How to use pre-batched data with DistributedDataParallel

Hi all,

Use case:
I am training a model with image data for a semantic segmentation task. I have a requirement to batch data using ratios of combinations of classes. For example: my batch should have 75% of patches containing classes 0 1 and 2, and 25% of classes containing 0 and 1. Hence, I pre-batched my data.
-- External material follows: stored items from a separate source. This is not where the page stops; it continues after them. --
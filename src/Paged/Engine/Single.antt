-- ===== src/Paged/Engine/Single.antt =====
-- The counts of writers in paged/PageEngine.cpp: a page has at most one writer, whatever the engine does.
use option_hedge.Base.{
  ℕ, ◌≡◌, inl, inr, arith, List, [], ◌∷◌, Bool, Bool-cases, Option, Option-cases, sym, subst,
}
use option_hedge.Base.Text.{Text}
use option_hedge.Base.Map.{text_key}
use option_hedge.Os.{Os, Result-cases, ok}
use option_hedge.Paged.Msg.{file_key}
use option_hedge.Paged.Engine.{
  PageClientInfo, SystemWriter, Engine, reg_journal, take_index, link_journal, reg_client, write,
}
use option_hedge.Paged.Engine.Clients.{reg_client-new, reg_client-known}
use option_hedge.Paged.Engine.Requests.{free_indices, forget_client, announce_end, exit_client}
use option_hedge.Paged.Engine.Reach.{
  Step, registers, joins, serves, exits, writes, Reach, here, next,
}
use option_hedge.Paged.Engine.Counts.{IsSingle, serve-IsSingle, free_indices-IsSingle}

module _ (os : Os) (system : SystemWriter os) where
  registers-IsSingle :
      (name : Text) (pid : ℕ) (is_writer : Bool) (r : Option (Text × ℕ)) (e f : Engine os system)
      → reg_client os system name pid is_writer e ≡ ok (r, f)
      → IsSingle e.file_writer_counts
      → IsSingle f.file_writer_counts
  registers-IsSingle name pid is_writer r e f h one = elim (Option-cases (e.client_journals name)) [
    | inr (info, known) ↦
        let counts : f.file_writer_counts ≡ e.file_writer_counts =
          ground (arith, h, reg_client-known os system name pid is_writer e info known) in
        subst IsSingle (sym counts) one
    | inl free ↦
        let (g, done, now) = reg_client-new os system name pid is_writer e free in
        let counts : f.file_writer_counts ≡ e.file_writer_counts =
          ground (arith, h, done, now.same_writers) in
        subst IsSingle (sym counts) one
  ]

  joins-IsSingle :
      (name : Text) (e : Engine os system)
      → IsSingle e.file_writer_counts
      → IsSingle ((reg_journal os system name e).1).file_writer_counts
  unfolding reg_journal take_index link_journal
  joins-IsSingle name e one =
      let counts : ((reg_journal os system name e).1).file_writer_counts ≡ e.file_writer_counts =
        ground arith in
      subst IsSingle (sym counts) one

  module _ (dump : Text → Text → ℕ → ℕ → ℕ → Text) where
    announce_end-writers :
        (info : PageClientInfo) (ids : List ℕ) (e f : Engine os system)
        → announce_end os system dump info ids e ≡ ok (tt, f)
        → f.file_writer_counts ≡ e.file_writer_counts
    unfolding announce_end write
    announce_end-writers info [] e f h = ground (arith, h)
    announce_end-writers info (idx ∷ ids) e f h = ground (arith, h)

    exits-IsSingle :
        (name : Text) (e f : Engine os system)
        → exit_client os system dump name e ≡ ok (tt, f)
        → IsSingle e.file_writer_counts
        → IsSingle f.file_writer_counts
    unfolding exit_client forget_client
    exits-IsSingle name e f h one = elim (Option-cases (e.client_journals name)) [
      | inl unknown ↦
          let counts : f.file_writer_counts ≡ e.file_writer_counts = ground (arith, h, unknown) in
          subst IsSingle (sym counts) one
      | inr (info, known) ↦ elim (Bool-cases info.is_strategy) [
        | inr plain ↦ elim (Result-cases (free_indices os system info.user_index_vec e)) [
          | inl (x, failed) ↦ ground (arith, known, failed, plain)
          | inr ((u, g), freed) ↦
              let counts : f.file_writer_counts ≡ g.file_writer_counts =
                ground (arith, known, plain, freed) in
              subst IsSingle (sym counts)
                (free_indices-IsSingle os system info.user_index_vec e g freed one)
        ]
        | inl strategy ↦
            elim (Result-cases (announce_end os system dump info info.user_index_vec e)) [
              | inl (x, failed) ↦ ground (arith, known, failed, strategy)
              | inr ((u, d), announced) ↦
                  elim (Result-cases (free_indices os system info.user_index_vec d)) [
                    | inl (x, failed) ↦ ground (arith, known, failed, strategy, announced)
                    | inr ((v, g), freed) ↦
                        let told = announce_end-writers info info.user_index_vec e d announced in
                        let counts : f.file_writer_counts ≡ g.file_writer_counts =
                          ground (arith, known, strategy, announced, freed) in
                        subst IsSingle (sym counts) (
                          free_indices-IsSingle os system info.user_index_vec d g freed
                            (subst IsSingle (sym told) one))
                  ]
            ]
      ]
    ]

    Step-IsSingle :
        (e f : Engine os system)
        → Step os system dump e f
        → IsSingle e.file_writer_counts
        → IsSingle f.file_writer_counts
    Step-IsSingle e f (registers name pid is_writer r _ h) =
        registers-IsSingle name pid is_writer r e f h
    Step-IsSingle e _ (joins name k small r) = joins-IsSingle name e
    Step-IsSingle e f (serves idx _ h) = serve-IsSingle os system idx e f h
    Step-IsSingle e f (exits name _ h) = exits-IsSingle name e f h
    Step-IsSingle e _ (writes idx msg held used) = λ one. one

    -- Every state of a run counts at most one writer on each page, if the first one does.
    pub Reach-IsSingle :
        (e f : Engine os system)
        → IsSingle e.file_writer_counts
        → Reach os system dump e f
        → IsSingle f.file_writer_counts
    Reach-IsSingle e _ one here = one
    Reach-IsSingle e f one (next {f = g} run step) =
        Step-IsSingle g f step (Reach-IsSingle e g one run)
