-- ===== src/Paged/Socket/Wire.antt =====
-- The layout of the structs of paged/PageSocketStruct.h in a socket's buffer, `boost::array <char, 500>`:
-- how the client fills it with a request and reads the response, and the handler the other way round.
-- A struct that is initialised with `{}` is zero, also where it has padding.
use option_hedge.Base.{
  ℕ, zero, suc, ◌-◌, Bool, true, false, not, Option, none, some, if◌then◌else◌, ◌==◌, [], ◌∷◌, ◌++◌,
}
use option_hedge.Base.Text.{Text}
use option_hedge.Base.Memory.{Mem, load, store, blit}
use option_hedge.Paged.Socket.{
  RequestType, connection_test, strategy_register, journal_register, reader_register,
  writer_register, client_exit, subscribe, subscribe_tbc, td_login, timer_sec_diff, unknown,
  request_type_code, PagedSocketRequest, Response, rsp_client, rsp_journal, rsp_strategy,
  unanswered, socket_message_max_length,
}

unfoldable pub type_of : ℕ → RequestType
type_of n =
    if n == 0
    then connection_test
    else if n == 10
    then strategy_register
    else if n == 11
    then journal_register
    else if n == 12
    then reader_register
    else if n == 13
    then writer_register
    else if n == 19
    then client_exit
    else if n == 20
    then subscribe
    else if n == 21
    then subscribe_tbc
    else if n == 22
    then td_login
    else if n == 99
    then timer_sec_diff
    else unknown n

-- `memset (a, 0, n)`
unfoldable pub clear : ℕ → ℕ → Mem → Mem
clear zero a m = m
clear (suc n) a m = clear n (suc a) (store 1 a 0 m)

-- sizeof (PagedSocketRequest), which is packed
abbrev pub request_length : ℕ
request_length = 37

-- The struct, zero but for its fields, at the front of the buffer.
unfoldable pub write_request : PagedSocketRequest → Mem → Mem
write_request req m = store 2 35 req.source (
    store 4 31 req.pid (
      blit 1 (req.name ++ 0 ∷ [])
        (store 1 0 (request_type_code req.type) (clear request_length 0 m))))

-- The text at `a` up to its NUL, which is looked for in the next `n` bytes.
unfoldable pub text_at : ℕ → ℕ → Mem → Option Text
text_at zero a m = none
text_at (suc n) a m =
    let rest = text_at n (suc a) m in
    if m a == 0 then some [] else elim rest [ none ↦ none | some cs ↦ some (m a ∷ cs) ]

-- The cases of the handler that use the name of a request.
unfoldable pub reads_name : RequestType → Bool
reads_name journal_register = true
reads_name reader_register = true
reads_name writer_register = true
reads_name _ = false

abbrev request_at : Mem → Text → PagedSocketRequest
request_at m name = record {
  type = type_of (load 1 0 m);
  name = name;
  pid = load 4 31 m;
  source = load 2 35 m;
}

-- The buffer cast to a request: `none` if a name is used that has no NUL in front of the end of the
-- buffer.
unfoldable pub read_request : Mem → Option PagedSocketRequest
read_request m = elim (text_at (socket_message_max_length - 1) 1 m) [
  | none ↦ if reads_name (type_of (load 1 0 m)) then none else some (request_at m [])
  | some name ↦ some (request_at m name)
]

abbrev pub bool_code : Bool → ℕ
bool_code true = 1
bool_code false = 0

-- PageSocketResponse, the base of the responses.
unfoldable pub write_base : RequestType → Bool → Mem → Mem
write_base t success m = store 1 1 (bool_code success) (store 1 0 (request_type_code t) m)

-- The response copied to the front of the buffer. `unset` is what an int holds that is not set.
unfoldable pub write_response : ℕ → Response → Mem → Mem
write_response unset (rsp_client t success comm_file file_size) m =
    let size : ℕ = elim file_size [ none ↦ unset | some n ↦ n ] in
    blit 102 (comm_file ++ 0 ∷ []) (store 4 204 size (write_base t success (clear 208 0 m)))
write_response unset (rsp_journal t success comm_idx) m =
    store 4 104 comm_idx (write_base t success (clear 108 0 m))
write_response unset (rsp_strategy t success rid_start rid_end) m =
    store 4 108 rid_end (store 4 104 rid_start (write_base t success (clear 112 0 m)))
write_response unset (unanswered req) m = m

-- The buffer cast to PagedSocketRspJournal and to PagedSocketRspClient.
unfoldable pub read_rsp_journal : Mem → Response
read_rsp_journal m = rsp_journal (type_of (load 1 0 m)) (not (load 1 1 m == 0)) (load 4 104 m)

unfoldable pub read_rsp_client : Mem → Option Response
read_rsp_client m = elim (text_at (socket_message_max_length - 102) 102 m) [
  | none ↦ none
  | some comm_file ↦
      some
        (rsp_client (type_of (load 1 0 m)) (not (load 1 1 m == 0)) comm_file (some (load 4 204 m)))
]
I want to use this pre-batched data with DistributedDataParallel

My question:
Let’s say n_gpus=4, batch_size=256, and n_batches=10. I understand that if I use the following code, and give num_batches in Dataloader as 256 It will feed model in each GPU with 256/n_gpus=64 batch of data. Since I want to ensure I have pre-batched data fed into each model, let’s say I give num_batches in the Dataloader as 256*n_gpus=1024, it will do what I want. However, as my n_batches is 10, it won’t equally divide into my GPUs. In the first go, it will take 4 batches and in the second one, it will take another 4. But in the last one, there will be 2 batches left. My batch size is also dynamic.

How should I handle such a case?

  • Option 1: Drop remaining batches. Due to my prerequisite in pre-batching, I already drop lots of data. So I do not want to do this.

  • Option 2: Make sure my batch size will always result in n_batches%n_gpu = 0. This is hard (and not optimal) because I have to handle the initial prerequisite of adhering to a certain ratio during the pre-batching.

  • Option 3: Train on 4 GPUs in the first two rounds and use only 2 GPUs in the final round. (Is this possible?)

or else, does Pytorch automatically handle it? (I’m new to Pytorch)

The code:

def prepare_dataloader(dataset, current_gpu_index, num_gpus, batch_size):
    sampler = torch.utils.data.distributed.DistributedSampler(
        dataset,
        num_replicas=num_gpus,
        rank=current_gpu_index,
        shuffle=False,
    )
    dataloader = torch.utils.data.DataLoader(
        dataset,
        sampler=sampler,
        batch_size=batch_size,
        shuffle=False,
    )
    return dataloader

def per_device_launch_fn(current_gpu_index, num_gpu):
    # Setup the process groups
    setup_device(current_gpu_index, num_gpu)

    dataset = get_dataset()
    model = get_model()

    # prepare the dataloader
    dataloader = prepare_dataloader(dataset, current_gpu_index, num_gpu, batch_size)

    # Instantiate the torch optimizer
    optimizer = torch.optim.Adam(model.parameters(), lr=1e-3)

    # Instantiate the torch loss function
    loss_fn = torch.nn.CrossEntropyLoss()

    # Put model on device
    model = model.to(current_gpu_index)
    ddp_model = torch.nn.parallel.DistributedDataParallel(
        model, device_ids=[current_gpu_index], output_device=current_gpu_index
    )

    train_model(ddp_model, dataloader, num_epochs, optimizer, loss_fn)

    cleanup()

torch.multiprocessing.start_processes(
        per_device_launch_fn,
        args=(num_gpu,),
        nprocs=num_gpu,
        join=True,
        start_method="fork",
    )

The DistributedSampler commonly used in DDP will duplicate samples to make them evenly divisible as seen here. I don’t know if this would fit your requirement, but might be a valid approach instead of dropping samples.

1 Like

Yes. It is better than dropping the samples. Thank you for letting me know.